More fool him, he reflected with hard cynicism, for he was no longer an   innocent when it came to women. The explanation for Sapphire's   extraordinary behaviour had become clear as crystal to him once he shed   his idealistic assumptions about his wife's honour: his bride had only   married him because he was wealthy beyond avarice and a prince, not   because she cared about him. Unpardonably, her goal in marrying him had   simply been the rich pay-off that would follow their divorce. He had   married a woman with all the heart of a cash register and she had, not   only, ripped him off but also got away scot free while he had paid in   spades. At that reflection, his even white teeth ground together, tiny   gold flames igniting in his fierce eyes.
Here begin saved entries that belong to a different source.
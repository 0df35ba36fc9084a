-- ===== src/Scrape/Links.antt =====
-- `collect_links` of src/actions/scrape.rs: the targets of the links of a document, each once. The
-- elements that `a[href]` selects are `scraper`'s to find; `hrefs` are their attributes in order.
pub mod Once
use mcp_web_search.Base.{
  if◌then◌else◌, ◌++◌, some, ok, ◌||◌, none, text_eq, err, false, [], ◌∷◌, Option, Bool, List,
  Result, Text,
}
use mcp_web_search.Net.{UrlLib}

-- Whether a `HashSet` of texts, here the list of what was inserted, holds a text.
abbrev pub contains : Text → List Text → Bool
contains s [] = false
contains s (t ∷ ts) = text_eq t s || contains s ts

-- The set and the list after a link that leads to this target: `seen.insert` and `out.push`.
unfoldable pub insert : Option Text → List Text → List Text → List Text × List Text
insert none seen out = (seen, out)
insert (some s) seen out = if contains s seen then (seen, out) else (s ∷ seen, out ++ (s ∷ []))

module _ (U : UrlLib) (base : U.Url) where
  -- The absolute target of a link, where it has one.
  abbrev pub absolute : Result Text U.Url → Option Text
  absolute (err e) = none
  absolute (ok url) = some (U.as_str url)

  -- The loop over the links.
  links_from : List Text → List Text → List Text → List Text
  links_from seen out [] = out
  links_from seen out (href ∷ hrefs) =
      let next = insert (absolute (U.join base href)) seen out in links_from next.0 next.1 hrefs

  unfoldable pub collect_links : List Text → List Text
  unfolding links_from
  collect_links hrefs = links_from [] [] hrefs
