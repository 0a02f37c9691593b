-- ===== src/Ipc/Wire/Sizes.antt =====
-- Writers that succeed, and how many bytes they append (src/ipc/ipc_protocol.cpp).
use yori.Common.{
  ℕ, zero, suc, ◌+◌, ◌≤◌, ◌≡◌, refl, sym, ap, ◌∙◌, Bool, true, false, Option, none, some, inl, inr,
  [], ◌++◌, arith,
}
use mathlib.Core.List.{append_assoc, append-nil}
use yori.Common.{Text, length, length-append, contains_nul_iff, IsNulFree, leb, Bool-cases}
use yori.Ipc.Wire.{Bytes, Writer, ◌▸◌, le_bytes, max_string_bytes}
use yori.Ipc.Wire.Write

-- Whatever is in the buffer, the write succeeds and appends `n` bytes at most.
pub record Appends (w : Writer) (n : ℕ) : Type 0 where
  pub adds :
      (buffer : Bytes)
      → (written : Bytes) × (w buffer ≡ some (buffer ++ written)) × (length written ≤ n)

pub nothing-Appends : Appends Write.nothing 0
unfolding Write.nothing
nothing-Appends = record { adds = λ buffer. ([], ap some (sym (append-nil buffer)), omega arith) }

pub put-Appends : (xs : Bytes) (n : ℕ) → length xs ≤ n → Appends (Write.put xs) n
unfolding Write.put
put-Appends xs n h = record { adds = λ buffer. (xs, refl, h) }

pub fail_if-Appends : (b : Bool) → b ≡ false → Appends (Write.fail_if b) 0
unfolding Write.fail_if
fail_if-Appends true h = cc
fail_if-Appends false h = record {
  adds = λ buffer. ([], ap some (sym (append-nil buffer)), omega arith);
}

pub ▸-Appends : {w v : Writer} {n m : ℕ} → Appends w n → Appends v m → Appends (w ▸ v) (n + m)
unfolding ◌▸◌
▸-Appends {w = w} {v = v} {n = n} {m = m} first second = record {
  adds = λ buffer.
      let (x, e, few) = first.adds buffer in
      let (y, f, less) = second.adds (buffer ++ x) in
      (
        x ++ y,
        rw (◌▸◌, e) (f ∙ ap some (append_assoc buffer x y)),
        omega (arith, length-append x y),
      );
}

-- More room than needed.
pub room : {w : Writer} {n m : ℕ} → n ≤ m → Appends w n → Appends w m
room h k = record { adds = λ buffer. let (x, e, few) = k.adds buffer in (x, e, omega arith) }

length-le_bytes : (n v : ℕ) → length (le_bytes n v) ≡ n
unfolding le_bytes
length-le_bytes zero v = refl
length-le_bytes (suc n) v = omega (arith, length-le_bytes n _)

pub number-Appends : (n v : ℕ) → Appends (Write.put (le_bytes n v)) n
number-Appends n v = put-Appends (le_bytes n v) n (omega (arith, length-le_bytes n v))

-- What `Writer::string` takes.
pub record IsText (t : Text) : Type 0 where
  pub short : length t ≤ max_string_bytes
  pub nul_free : IsNulFree t

pub string-Appends : (t : Text) → IsText t → Appends (Write.string t) (4 + length t)
unfolding Write.string
string-Appends t h =
    let short = h.short in
    let clean = (contains_nul_iff t).1 h.nul_free in
    room (omega arith) (
      ▸-Appends (fail_if-Appends _ (ground arith)) (
        ▸-Appends (fail_if-Appends _ clean)
          (▸-Appends (number-Appends 4 (length t)) (put-Appends t (length t) (omega arith)))))

pub optional-Appends :
    {A : Type 0} (w : A → Writer) (value : Option A) (n : ℕ)
    → ((a : A) → value ≡ some a → Appends (w a) n)
    → Appends (Write.optional w value) (1 + n)
optional-Appends w none n h = room (omega arith) (number-Appends 1 0)
optional-Appends w (some a) n h = ▸-Appends (number-Appends 1 1) (h a refl)

pub since-Appends :
    (first version : ℕ) {w : Writer} (n : ℕ) → Appends w n → Appends (Write.since first version w) n
since-Appends first version n k = elim (Bool-cases (leb first version)) [
  | inl e ↦ rw e k
  | inr e ↦ rw e (room (omega arith) nothing-Appends)
]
If only he had been dealing   with her in the present as a male who now knew the score, he would have   known exactly how to handle her.

'I'm sorry, Zahir,' Akram muttered in the seething silence, ill at ease   with the rare dark fury that had flared in his brother's face. 'I   thought you had a right to know that she'd had the cheek to come here.'

'It's five years since I divorced her,' Zahir pointed out harshly, his   lean strong face impassive. 'Why should I care what she does?'

'Because she's an embarrassment!' Akram rushed to declare. 'Imagine how   you would feel if the media found out that she was once your wife! She   must be shameless and without conscience to come to Maraban to make her   stupid commercial!'

'This is all very emotive stuff, Akram,' Zahir countered, reluctantly   touched by his brother's concern on his behalf. 'I'm grateful you told   me but what do you expect me to do?'

'Throw her and her film crew out of Maraban!' his brother told him instantly.

'You are still young and impetuous, my brother,' Zahir replied drily.   'The paparazzi follow my ex-wife everywhere she goes. Try to picture the   likely consequences of deporting a world-famous celebrity. Why would I   want to create headlines to alert the world's media to a past that is   more wisely left buried?'

When Akram had finally departed, still incredulous that his brother had   failed to express a desire for retribution, Zahir made several phone   calls that would have astonished the younger man. It was a supreme irony   but Zahir's coolly astute brain was perpetually at all-out war with  the  volatile passion of his temperament. While it made no logical sense   whatsoever he wanted the chance to see Sapphire in the flesh again.  Did  that desire imply that he still had some lingering need for closure   where she was concerned? Or was it simple and natural curiosity  because  he was currently facing the prospect of having to take another  wife?  Once, in a desperate search for a solution to his seemingly  incurable  problems with Sapphire, Zahir had read books about all sorts  of strange  subjects before he finally accepted that the simplest  explanation of the  apparently inexplicable was usually the closest to  the truth. Since  then events in his ex-wife's life had suggested that  his sceptical  convictions about her true character were spot-on. He had  wed a  gold-digging social climber with not an atom of true feeling for  him.  After all, he was well aware that Sapphire was now cosily  ensconced in a  live-in relationship with the award-winning Scottish  wildlife  photographer, Cameron McDonald. Presumably she wasn't having  any  difficulty bedding him... Zahir's dark eyes burned afresh like  golden  flames at that incendiary thought.

* * *

Saffy dutifully angled her hot face into the flow of air gushing from   the wind machine so that her mane of blonde hair wafted back in a cloud   over her shoulders. Not an atom of her growing irritation and  discomfort  showed on her flawless features. Saffy was never less than  professional  when she was working. But how many times had her make-up  already needed  retouched in the stifling heat? It was simply melting  off her face. How  many times had the set security had to interrupt  filming to make the  crowd of over-excited spectators back away to give  her colleagues the  space to work? Coming to Maraban to film the Desert  Ice cosmetics  commercial had been a foolish mistake. The support  systems the film crew  took for granted were non-existent.